Now the number of ways of selecting 2 black balls from in total 5 black balls will be $^5{C_2}$…………… (1)
Now the number of ways of selecting 3 red balls from in total 6 red balls will be $^6{C_3}$…………… (2)
The total number of ways of selecting 2 black balls and 3 red balls will be equation (1) multiplied with equation (2).
${ \Rightarrow ^5}{C_2}{ \times ^6}{C_3}$…………….. (3)
Using the formula of $^n{C_r} = \dfrac{{n!}}{{r!\left( {n - r} \right)!}}$ we can rewrite equation (3) as
$
  { \Rightarrow ^5}{C_2}{ \times ^6}{C_3} = \dfrac{{5!}}{{2!\left( {5 - 2} \right)!}} \times \dfrac{{6!}}{{3!\left( {6 - 3} \right)!}} \\
   \Rightarrow \dfrac{{5!}}{{2!\left( 3 \right)!}} \times \dfrac{{6!}}{{3!\left( 3 \right)!}} \\
$
Using the concept that $n! = n \times (n - 1)(n - 2)(n - 3).......(n - r)!{\text{ where r < n}}$.
$
  ^5{C_2}{ \times ^6}{C_3} = \dfrac{{5 \times 4 \times 3!}}{{2\left( 3 \right)!}} \times \dfrac{{6 \times 5 \times 4 \times 3!}}{{3 \times 2 \times 1 \times \left( 3 \right)!}} \\
   \Rightarrow 10 \times 20 = 200 \\
$
The number of ways in which 2 black and 3 red balls can be selected is 200.

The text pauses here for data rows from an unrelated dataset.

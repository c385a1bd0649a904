-- ===== src/Text/Examples.antt =====
-- Texts that are cut, one of them inside a character of two bytes.
use arcrelay_protocol.Prelude.{
  ◌≤◌, ◌≡◌, refl, List, [], ◌∷◌, ◌++◌, map, Bytes, bytes_eq, nat_eq, length, bytes,
}
use arcrelay_protocol.Text.{
  boundary_before, is_char_boundary, truncate_utf8, bounded_action_output, max_action_output_lines,
  max_action_output_snapshot_bytes,
}
use arcrelay_protocol.Text.Bounds.{
  Cut, truncate_utf8-Cut, total_length, cut_line, bounded_action_output-suffix,
}

cut_before_character : truncate_utf8 (97 ∷ 195 ∷ 169 ∷ []) 2 ≡ 97 ∷ []
unfolding truncate_utf8 boundary_before is_char_boundary
cut_before_character = refl

truncate_utf8-Cut_example : Cut (97 ∷ 195 ∷ 169 ∷ []) 2 (truncate_utf8 (97 ∷ 195 ∷ 169 ∷ []) 2)
truncate_utf8-Cut_example = truncate_utf8-Cut (97 ∷ 195 ∷ 169 ∷ []) 2

abbrev output : List Bytes
output = bytes "one" ∷ bytes "two" ∷ []

bounded_action_output-suffix_example :
    (length (bounded_action_output output) ≤ max_action_output_lines)
    × (total_length (bounded_action_output output) ≤ max_action_output_snapshot_bytes)
    × ((dropped : List Bytes) × (dropped ++ bounded_action_output output ≡ map cut_line output))
bounded_action_output-suffix_example = bounded_action_output-suffix output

Note: Whenever we face such types of problems the key concept is to have the physical understanding of the formula $^n{C_r}$ which is the number of ways of selecting any r entities out of n entities. This concept along with the mathematical formula will help you solve problems of this kind and will take you to the right answer.